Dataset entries
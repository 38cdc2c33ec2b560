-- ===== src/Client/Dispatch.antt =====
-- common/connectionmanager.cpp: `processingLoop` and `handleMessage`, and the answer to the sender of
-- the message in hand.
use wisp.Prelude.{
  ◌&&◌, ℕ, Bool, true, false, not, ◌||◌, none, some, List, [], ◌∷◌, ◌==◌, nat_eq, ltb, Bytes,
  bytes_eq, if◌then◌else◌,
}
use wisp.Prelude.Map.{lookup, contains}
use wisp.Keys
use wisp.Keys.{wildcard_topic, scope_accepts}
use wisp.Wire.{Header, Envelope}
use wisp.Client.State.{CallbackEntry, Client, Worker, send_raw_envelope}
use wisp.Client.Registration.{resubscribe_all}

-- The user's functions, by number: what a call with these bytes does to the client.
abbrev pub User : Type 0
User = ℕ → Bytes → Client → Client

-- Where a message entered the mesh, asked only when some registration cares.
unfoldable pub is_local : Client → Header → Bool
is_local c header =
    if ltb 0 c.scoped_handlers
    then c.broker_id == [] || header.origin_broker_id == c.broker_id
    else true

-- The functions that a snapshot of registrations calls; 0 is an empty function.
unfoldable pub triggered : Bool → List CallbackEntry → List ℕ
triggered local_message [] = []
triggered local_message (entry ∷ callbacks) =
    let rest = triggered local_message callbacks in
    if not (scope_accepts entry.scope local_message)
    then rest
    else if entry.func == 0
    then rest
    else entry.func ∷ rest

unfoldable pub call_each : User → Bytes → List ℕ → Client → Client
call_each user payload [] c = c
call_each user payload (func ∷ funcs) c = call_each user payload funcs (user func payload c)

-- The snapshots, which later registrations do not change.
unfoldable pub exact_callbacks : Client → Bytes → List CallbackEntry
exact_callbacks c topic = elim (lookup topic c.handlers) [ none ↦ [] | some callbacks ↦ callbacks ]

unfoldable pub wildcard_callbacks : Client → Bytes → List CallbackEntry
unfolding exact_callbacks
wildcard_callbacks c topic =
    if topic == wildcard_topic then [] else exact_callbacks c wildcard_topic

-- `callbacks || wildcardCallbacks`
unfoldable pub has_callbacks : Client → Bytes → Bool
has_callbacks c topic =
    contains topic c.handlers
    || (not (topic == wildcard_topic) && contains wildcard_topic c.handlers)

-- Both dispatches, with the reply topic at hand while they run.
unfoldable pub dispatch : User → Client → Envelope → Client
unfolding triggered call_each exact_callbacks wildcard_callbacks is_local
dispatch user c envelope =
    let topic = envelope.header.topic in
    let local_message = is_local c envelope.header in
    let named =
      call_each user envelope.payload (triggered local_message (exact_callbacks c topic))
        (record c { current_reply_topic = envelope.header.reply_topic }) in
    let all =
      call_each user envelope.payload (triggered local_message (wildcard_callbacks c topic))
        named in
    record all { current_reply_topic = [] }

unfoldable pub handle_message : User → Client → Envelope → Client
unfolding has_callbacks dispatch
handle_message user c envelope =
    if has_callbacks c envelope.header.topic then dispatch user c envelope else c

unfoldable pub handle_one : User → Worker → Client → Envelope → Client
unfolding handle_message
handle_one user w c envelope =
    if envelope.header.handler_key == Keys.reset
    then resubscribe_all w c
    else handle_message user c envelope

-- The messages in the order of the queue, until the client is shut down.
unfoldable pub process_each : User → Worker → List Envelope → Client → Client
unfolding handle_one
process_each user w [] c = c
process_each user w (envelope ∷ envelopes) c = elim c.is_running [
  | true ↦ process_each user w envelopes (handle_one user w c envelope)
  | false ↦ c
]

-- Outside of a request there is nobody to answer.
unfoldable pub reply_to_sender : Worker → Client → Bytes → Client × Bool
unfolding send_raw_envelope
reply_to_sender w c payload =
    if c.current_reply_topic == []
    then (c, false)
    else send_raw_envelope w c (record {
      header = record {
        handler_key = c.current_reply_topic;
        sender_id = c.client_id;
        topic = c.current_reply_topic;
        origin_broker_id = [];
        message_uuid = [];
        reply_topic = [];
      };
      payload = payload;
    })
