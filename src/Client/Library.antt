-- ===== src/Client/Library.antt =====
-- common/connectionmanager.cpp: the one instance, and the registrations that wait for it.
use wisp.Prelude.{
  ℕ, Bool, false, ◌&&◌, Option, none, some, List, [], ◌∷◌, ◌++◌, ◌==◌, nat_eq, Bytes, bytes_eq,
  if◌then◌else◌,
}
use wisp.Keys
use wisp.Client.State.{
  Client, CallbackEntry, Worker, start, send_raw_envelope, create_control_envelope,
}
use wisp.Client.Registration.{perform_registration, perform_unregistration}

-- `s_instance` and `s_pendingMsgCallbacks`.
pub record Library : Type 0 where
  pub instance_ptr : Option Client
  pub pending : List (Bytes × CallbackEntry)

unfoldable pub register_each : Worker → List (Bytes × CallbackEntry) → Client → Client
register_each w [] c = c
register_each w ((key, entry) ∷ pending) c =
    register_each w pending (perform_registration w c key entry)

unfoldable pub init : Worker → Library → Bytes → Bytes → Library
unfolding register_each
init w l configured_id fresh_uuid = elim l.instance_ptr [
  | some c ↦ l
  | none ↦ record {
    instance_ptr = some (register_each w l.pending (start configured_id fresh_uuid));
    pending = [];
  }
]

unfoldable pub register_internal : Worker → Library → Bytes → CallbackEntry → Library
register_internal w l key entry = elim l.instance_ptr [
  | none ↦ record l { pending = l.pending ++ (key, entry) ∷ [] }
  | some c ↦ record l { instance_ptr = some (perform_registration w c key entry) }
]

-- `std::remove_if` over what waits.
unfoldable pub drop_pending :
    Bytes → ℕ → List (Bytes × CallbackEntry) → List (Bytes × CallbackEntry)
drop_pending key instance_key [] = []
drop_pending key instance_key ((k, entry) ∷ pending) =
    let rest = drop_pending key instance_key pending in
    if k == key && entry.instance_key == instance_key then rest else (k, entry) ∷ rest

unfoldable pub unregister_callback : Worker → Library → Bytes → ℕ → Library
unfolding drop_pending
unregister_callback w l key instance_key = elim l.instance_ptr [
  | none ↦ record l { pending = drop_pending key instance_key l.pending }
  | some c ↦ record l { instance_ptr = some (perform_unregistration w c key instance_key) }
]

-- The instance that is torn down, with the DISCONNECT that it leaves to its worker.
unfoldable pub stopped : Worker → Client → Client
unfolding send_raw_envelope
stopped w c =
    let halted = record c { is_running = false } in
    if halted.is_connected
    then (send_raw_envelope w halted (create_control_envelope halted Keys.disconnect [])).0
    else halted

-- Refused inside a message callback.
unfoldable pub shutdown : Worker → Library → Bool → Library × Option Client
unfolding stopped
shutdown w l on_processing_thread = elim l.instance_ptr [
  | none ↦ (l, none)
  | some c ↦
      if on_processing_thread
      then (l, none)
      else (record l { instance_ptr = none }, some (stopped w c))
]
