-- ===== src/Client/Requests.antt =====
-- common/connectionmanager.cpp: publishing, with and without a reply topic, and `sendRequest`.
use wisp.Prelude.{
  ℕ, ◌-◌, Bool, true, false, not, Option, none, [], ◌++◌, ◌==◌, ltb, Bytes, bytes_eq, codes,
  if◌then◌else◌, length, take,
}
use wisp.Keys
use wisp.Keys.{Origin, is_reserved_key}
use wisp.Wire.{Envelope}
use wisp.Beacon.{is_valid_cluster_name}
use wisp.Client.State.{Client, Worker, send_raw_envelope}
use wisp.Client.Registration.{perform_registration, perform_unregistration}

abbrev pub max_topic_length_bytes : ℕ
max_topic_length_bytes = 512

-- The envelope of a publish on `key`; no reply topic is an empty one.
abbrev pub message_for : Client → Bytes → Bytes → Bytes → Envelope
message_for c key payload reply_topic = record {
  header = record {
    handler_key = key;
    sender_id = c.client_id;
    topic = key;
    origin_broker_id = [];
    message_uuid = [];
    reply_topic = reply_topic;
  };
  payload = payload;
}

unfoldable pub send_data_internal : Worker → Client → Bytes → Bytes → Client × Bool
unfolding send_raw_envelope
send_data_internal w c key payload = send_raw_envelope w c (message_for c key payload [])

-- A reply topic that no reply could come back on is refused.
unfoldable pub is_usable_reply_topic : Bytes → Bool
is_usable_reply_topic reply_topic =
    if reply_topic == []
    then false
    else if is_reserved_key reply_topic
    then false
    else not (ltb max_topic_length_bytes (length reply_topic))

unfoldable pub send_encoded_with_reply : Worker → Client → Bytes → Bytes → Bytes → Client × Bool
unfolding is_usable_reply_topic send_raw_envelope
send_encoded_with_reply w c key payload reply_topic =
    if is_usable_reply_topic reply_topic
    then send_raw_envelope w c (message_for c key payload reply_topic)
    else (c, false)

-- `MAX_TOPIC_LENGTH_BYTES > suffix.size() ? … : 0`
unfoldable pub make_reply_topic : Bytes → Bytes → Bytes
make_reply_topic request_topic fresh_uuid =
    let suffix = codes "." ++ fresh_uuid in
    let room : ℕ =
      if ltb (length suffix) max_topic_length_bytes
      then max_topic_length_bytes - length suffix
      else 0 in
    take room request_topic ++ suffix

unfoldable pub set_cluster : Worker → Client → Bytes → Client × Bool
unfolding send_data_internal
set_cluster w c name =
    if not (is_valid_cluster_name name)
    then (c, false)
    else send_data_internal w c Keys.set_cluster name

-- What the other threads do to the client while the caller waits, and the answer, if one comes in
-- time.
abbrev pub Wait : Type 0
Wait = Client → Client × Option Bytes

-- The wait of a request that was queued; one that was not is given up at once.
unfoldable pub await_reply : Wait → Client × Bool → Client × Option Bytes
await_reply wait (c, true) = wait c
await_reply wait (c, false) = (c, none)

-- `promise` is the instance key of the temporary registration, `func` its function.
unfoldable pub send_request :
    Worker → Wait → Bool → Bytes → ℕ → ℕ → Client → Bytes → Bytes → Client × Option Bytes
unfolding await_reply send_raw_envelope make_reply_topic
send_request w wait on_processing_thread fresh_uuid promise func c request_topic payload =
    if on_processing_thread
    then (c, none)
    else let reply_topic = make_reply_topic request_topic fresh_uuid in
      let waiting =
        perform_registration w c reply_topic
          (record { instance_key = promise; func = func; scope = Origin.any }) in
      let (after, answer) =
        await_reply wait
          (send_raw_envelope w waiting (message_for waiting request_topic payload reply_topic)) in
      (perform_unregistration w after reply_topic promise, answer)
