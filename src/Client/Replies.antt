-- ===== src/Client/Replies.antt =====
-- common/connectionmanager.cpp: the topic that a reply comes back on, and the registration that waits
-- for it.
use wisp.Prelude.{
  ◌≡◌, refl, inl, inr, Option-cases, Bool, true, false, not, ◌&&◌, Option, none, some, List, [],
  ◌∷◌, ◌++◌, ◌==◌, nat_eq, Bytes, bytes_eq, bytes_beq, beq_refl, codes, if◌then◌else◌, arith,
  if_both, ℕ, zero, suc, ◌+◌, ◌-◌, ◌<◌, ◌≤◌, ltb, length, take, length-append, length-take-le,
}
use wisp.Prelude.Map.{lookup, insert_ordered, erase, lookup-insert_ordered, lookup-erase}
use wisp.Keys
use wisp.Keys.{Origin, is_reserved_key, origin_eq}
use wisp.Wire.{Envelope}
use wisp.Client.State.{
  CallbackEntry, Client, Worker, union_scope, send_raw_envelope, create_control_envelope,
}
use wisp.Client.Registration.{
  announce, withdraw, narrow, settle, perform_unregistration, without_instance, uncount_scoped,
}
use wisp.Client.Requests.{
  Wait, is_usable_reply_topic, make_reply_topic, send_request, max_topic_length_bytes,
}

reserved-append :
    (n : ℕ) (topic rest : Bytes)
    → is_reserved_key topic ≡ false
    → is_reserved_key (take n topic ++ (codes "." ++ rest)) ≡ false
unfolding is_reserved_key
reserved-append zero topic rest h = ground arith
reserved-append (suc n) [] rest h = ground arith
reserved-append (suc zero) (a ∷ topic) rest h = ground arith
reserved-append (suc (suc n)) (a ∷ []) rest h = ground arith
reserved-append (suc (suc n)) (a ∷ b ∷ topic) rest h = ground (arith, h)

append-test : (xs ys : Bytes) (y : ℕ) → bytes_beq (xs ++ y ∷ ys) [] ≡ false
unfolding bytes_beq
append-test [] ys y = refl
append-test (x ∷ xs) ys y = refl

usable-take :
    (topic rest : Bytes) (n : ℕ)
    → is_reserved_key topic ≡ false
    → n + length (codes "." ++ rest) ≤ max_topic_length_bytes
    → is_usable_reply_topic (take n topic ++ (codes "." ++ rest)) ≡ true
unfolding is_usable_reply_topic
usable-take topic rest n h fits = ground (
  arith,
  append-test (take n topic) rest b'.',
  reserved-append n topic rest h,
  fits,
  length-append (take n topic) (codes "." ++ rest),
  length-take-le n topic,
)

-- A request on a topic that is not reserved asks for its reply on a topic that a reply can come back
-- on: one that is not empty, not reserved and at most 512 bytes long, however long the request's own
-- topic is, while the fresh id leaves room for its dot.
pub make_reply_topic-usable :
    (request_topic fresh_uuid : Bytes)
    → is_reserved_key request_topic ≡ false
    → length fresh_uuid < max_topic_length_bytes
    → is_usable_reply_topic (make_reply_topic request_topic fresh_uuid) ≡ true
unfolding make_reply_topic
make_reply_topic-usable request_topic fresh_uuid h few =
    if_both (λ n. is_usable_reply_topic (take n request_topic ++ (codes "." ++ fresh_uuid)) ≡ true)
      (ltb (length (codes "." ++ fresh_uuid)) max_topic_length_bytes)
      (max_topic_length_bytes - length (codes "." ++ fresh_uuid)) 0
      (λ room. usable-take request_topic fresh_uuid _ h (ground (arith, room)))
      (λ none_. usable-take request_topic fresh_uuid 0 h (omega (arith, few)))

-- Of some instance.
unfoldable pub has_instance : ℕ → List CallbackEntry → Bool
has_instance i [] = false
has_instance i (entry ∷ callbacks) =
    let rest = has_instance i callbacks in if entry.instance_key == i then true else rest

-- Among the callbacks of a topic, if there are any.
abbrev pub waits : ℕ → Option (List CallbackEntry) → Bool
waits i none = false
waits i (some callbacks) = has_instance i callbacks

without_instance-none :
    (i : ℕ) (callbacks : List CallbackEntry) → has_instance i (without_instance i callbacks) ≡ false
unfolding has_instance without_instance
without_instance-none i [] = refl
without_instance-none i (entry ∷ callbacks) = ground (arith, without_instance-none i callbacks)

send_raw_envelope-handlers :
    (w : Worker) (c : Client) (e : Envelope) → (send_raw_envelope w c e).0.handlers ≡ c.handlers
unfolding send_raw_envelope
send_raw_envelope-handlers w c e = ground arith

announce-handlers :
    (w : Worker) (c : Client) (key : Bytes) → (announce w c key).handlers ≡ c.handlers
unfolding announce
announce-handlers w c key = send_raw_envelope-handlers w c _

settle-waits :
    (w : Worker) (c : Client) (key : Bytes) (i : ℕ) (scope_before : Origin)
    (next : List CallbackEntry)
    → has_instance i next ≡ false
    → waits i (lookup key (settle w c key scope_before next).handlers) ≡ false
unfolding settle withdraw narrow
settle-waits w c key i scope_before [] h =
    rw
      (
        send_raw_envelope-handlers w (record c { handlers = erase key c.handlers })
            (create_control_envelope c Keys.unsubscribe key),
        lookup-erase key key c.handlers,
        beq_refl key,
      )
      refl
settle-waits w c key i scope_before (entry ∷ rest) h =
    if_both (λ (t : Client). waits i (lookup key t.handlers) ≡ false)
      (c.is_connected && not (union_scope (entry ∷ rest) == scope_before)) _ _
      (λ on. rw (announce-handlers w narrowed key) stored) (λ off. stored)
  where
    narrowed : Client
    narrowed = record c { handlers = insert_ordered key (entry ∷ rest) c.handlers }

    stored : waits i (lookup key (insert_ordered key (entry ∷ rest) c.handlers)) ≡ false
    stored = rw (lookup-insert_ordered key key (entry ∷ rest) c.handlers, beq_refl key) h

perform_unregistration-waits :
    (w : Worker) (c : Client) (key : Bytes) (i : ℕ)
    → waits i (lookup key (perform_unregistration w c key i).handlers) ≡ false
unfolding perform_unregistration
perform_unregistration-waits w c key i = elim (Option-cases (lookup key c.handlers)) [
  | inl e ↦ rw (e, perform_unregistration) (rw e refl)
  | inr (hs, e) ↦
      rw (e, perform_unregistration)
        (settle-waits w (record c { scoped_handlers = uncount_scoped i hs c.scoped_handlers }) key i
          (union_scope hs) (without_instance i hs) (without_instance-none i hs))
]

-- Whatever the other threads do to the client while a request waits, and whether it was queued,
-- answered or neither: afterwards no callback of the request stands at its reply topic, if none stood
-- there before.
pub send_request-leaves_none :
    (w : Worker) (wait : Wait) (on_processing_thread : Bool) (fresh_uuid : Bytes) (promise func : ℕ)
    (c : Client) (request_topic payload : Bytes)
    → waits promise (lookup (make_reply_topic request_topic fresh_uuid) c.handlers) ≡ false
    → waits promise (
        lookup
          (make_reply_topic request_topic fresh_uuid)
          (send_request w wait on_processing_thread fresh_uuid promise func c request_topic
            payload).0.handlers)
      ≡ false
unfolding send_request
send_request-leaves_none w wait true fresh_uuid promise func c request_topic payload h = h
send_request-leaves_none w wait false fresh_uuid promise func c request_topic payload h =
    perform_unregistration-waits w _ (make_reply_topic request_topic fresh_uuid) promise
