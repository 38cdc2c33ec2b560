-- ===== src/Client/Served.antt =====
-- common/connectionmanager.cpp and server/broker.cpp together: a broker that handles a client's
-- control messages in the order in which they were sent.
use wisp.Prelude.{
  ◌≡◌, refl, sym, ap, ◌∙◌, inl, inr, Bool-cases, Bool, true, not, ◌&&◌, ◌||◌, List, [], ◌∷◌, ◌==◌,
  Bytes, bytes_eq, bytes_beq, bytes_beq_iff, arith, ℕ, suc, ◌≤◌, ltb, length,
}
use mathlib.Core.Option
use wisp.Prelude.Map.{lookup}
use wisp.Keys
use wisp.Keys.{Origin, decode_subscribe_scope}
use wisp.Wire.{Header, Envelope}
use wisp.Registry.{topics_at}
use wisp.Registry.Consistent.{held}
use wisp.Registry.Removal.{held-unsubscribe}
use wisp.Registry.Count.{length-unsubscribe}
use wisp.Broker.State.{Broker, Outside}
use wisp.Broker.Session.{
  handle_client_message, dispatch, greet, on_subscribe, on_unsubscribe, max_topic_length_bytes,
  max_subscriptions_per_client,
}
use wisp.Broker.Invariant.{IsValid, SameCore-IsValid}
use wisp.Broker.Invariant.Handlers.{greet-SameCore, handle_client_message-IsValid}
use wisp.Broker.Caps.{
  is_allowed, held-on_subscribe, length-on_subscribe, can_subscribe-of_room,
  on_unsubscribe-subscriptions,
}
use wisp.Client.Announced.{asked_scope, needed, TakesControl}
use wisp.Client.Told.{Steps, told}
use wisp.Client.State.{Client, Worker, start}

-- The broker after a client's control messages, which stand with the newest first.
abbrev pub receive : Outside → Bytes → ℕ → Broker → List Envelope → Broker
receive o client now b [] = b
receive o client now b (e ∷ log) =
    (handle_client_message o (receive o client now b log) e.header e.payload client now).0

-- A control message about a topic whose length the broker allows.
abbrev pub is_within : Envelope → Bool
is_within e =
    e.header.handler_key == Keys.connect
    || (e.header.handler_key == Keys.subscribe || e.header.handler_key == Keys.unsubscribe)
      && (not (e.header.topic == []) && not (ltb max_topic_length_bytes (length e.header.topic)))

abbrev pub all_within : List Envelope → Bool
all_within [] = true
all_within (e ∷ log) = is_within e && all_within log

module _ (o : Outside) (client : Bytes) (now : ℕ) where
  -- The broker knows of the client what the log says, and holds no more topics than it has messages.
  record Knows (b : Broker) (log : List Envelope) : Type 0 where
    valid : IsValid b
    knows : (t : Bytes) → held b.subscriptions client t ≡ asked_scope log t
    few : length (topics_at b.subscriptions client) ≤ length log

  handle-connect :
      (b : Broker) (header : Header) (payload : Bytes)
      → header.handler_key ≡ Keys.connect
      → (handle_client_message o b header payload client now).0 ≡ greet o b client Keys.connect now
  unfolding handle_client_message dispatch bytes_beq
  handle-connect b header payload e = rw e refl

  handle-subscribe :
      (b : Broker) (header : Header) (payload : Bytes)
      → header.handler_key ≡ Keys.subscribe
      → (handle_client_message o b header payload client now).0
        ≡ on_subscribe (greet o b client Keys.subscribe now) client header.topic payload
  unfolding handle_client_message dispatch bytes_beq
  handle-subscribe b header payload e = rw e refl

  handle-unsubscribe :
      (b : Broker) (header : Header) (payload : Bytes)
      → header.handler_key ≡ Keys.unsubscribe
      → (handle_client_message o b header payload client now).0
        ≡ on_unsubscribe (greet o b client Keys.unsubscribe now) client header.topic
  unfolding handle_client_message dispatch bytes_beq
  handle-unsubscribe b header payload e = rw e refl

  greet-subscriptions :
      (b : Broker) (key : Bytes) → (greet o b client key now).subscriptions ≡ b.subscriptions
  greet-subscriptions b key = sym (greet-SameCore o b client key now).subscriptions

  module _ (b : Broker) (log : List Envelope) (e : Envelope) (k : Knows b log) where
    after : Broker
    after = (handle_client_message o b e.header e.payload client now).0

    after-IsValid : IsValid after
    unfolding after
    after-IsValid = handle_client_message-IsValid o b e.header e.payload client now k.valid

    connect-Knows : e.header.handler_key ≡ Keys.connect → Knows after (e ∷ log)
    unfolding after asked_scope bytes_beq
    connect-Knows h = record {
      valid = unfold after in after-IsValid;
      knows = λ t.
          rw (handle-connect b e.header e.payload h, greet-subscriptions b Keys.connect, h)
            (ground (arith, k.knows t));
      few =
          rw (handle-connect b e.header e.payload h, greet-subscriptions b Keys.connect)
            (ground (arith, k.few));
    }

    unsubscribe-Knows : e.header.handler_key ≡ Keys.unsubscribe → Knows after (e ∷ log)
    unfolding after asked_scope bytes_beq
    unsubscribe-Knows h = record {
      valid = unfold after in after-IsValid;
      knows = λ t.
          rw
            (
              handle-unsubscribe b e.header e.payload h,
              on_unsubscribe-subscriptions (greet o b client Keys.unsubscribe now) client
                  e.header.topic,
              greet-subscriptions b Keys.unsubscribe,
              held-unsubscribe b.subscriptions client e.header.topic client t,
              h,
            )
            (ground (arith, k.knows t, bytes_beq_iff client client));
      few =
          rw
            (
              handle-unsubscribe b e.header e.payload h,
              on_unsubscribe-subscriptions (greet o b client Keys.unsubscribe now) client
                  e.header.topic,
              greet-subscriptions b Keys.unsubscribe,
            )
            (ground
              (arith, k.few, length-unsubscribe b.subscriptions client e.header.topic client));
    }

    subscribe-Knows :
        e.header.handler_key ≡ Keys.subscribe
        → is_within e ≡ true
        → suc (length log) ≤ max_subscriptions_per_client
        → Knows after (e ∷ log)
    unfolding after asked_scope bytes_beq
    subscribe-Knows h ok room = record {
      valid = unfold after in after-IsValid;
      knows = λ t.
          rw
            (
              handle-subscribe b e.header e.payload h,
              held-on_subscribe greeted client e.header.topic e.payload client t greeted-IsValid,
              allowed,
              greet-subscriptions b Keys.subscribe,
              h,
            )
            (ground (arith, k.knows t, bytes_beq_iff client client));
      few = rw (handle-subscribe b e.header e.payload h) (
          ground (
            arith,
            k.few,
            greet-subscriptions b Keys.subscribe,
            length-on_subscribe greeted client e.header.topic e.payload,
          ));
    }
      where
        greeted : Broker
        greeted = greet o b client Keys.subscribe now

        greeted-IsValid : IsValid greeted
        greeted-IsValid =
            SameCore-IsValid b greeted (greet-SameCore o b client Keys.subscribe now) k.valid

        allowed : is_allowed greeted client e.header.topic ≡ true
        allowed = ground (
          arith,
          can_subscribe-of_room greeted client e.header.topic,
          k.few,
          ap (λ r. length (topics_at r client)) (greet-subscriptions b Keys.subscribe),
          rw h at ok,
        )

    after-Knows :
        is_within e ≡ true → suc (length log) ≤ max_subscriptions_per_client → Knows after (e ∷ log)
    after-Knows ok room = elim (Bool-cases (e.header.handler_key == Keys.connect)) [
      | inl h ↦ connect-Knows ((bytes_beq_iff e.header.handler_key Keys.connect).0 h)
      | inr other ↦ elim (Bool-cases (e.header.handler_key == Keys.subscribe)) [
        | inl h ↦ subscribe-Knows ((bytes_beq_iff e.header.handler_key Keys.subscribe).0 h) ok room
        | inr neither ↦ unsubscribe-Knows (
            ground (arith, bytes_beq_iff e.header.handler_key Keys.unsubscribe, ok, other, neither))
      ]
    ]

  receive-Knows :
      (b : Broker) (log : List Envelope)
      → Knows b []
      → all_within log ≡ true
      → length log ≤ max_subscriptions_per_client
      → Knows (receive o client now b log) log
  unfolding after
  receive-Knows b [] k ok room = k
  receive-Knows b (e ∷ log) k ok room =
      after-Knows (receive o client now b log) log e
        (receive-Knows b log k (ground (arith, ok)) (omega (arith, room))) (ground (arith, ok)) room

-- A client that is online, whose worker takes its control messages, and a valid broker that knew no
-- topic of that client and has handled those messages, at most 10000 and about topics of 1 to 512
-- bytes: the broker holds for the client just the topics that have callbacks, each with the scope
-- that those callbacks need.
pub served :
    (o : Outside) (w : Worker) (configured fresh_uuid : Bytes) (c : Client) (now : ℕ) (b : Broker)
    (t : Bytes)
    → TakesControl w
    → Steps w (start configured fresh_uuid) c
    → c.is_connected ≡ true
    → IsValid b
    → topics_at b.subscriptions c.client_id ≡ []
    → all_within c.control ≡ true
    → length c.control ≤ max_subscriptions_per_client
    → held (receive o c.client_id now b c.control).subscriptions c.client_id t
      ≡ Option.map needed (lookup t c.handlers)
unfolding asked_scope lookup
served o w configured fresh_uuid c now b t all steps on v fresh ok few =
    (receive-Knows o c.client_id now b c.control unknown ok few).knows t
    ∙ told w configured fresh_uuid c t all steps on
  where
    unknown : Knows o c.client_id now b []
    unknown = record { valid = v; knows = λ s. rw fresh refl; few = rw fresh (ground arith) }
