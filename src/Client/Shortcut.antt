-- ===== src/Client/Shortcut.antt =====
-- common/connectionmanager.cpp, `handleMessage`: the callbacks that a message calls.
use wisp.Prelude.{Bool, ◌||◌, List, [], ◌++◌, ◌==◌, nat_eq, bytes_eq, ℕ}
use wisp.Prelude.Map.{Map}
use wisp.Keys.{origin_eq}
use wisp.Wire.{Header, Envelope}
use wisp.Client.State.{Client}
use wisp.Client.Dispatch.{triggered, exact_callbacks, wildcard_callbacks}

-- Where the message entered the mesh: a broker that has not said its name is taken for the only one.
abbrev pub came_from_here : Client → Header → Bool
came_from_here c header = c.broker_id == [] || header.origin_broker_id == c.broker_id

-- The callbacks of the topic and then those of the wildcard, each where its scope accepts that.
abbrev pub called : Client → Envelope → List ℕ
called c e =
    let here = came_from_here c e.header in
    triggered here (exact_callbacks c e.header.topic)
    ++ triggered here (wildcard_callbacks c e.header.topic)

ABOUT THIS EXERCISE
Retype exactly, and only, the lines above from the one where "Keys.subscribe).0 h) ok room" occurs up to and including the one where "(receive-Knows o c.client_id" occurs.

SOLUTION FOR THIS TASK
        | inl h ↦ subscribe-Knows ((bytes_beq_iff e.header.handler_key Keys.subscribe).0 h) ok room
        | inr neither ↦ unsubscribe-Knows (
            ground (arith, bytes_beq_iff e.header.handler_key Keys.unsubscribe, ok, other, neither))
      ]
    ]

  receive-Knows :
      (b : Broker) (log : List Envelope)
      → Knows b []
      → all_within log ≡ true
      → length log ≤ max_subscriptions_per_client
      → Knows (receive o client now b log) log
  unfolding after
  receive-Knows b [] k ok room = k
  receive-Knows b (e ∷ log) k ok room =
      after-Knows (receive o client now b log) log e
        (receive-Knows b log k (ground (arith, ok)) (omega (arith, room))) (ground (arith, ok)) room

-- A client that is online, whose worker takes its control messages, and a valid broker that knew no
-- topic of that client and has handled those messages, at most 10000 and about topics of 1 to 512
-- bytes: the broker holds for the client just the topics that have callbacks, each with the scope
-- that those callbacks need.
pub served :
    (o : Outside) (w : Worker) (configured fresh_uuid : Bytes) (c : Client) (now : ℕ) (b : Broker)
    (t : Bytes)
    → TakesControl w
    → Steps w (start configured fresh_uuid) c
    → c.is_connected ≡ true
    → IsValid b
    → topics_at b.subscriptions c.client_id ≡ []
    → all_within c.control ≡ true
    → length c.control ≤ max_subscriptions_per_client
    → held (receive o c.client_id now b c.control).subscriptions c.client_id t
      ≡ Option.map needed (lookup t c.handlers)
unfolding asked_scope lookup
served o w configured fresh_uuid c now b t all steps on v fresh ok few =
    (receive-Knows o c.client_id now b c.control unknown ok few).knows t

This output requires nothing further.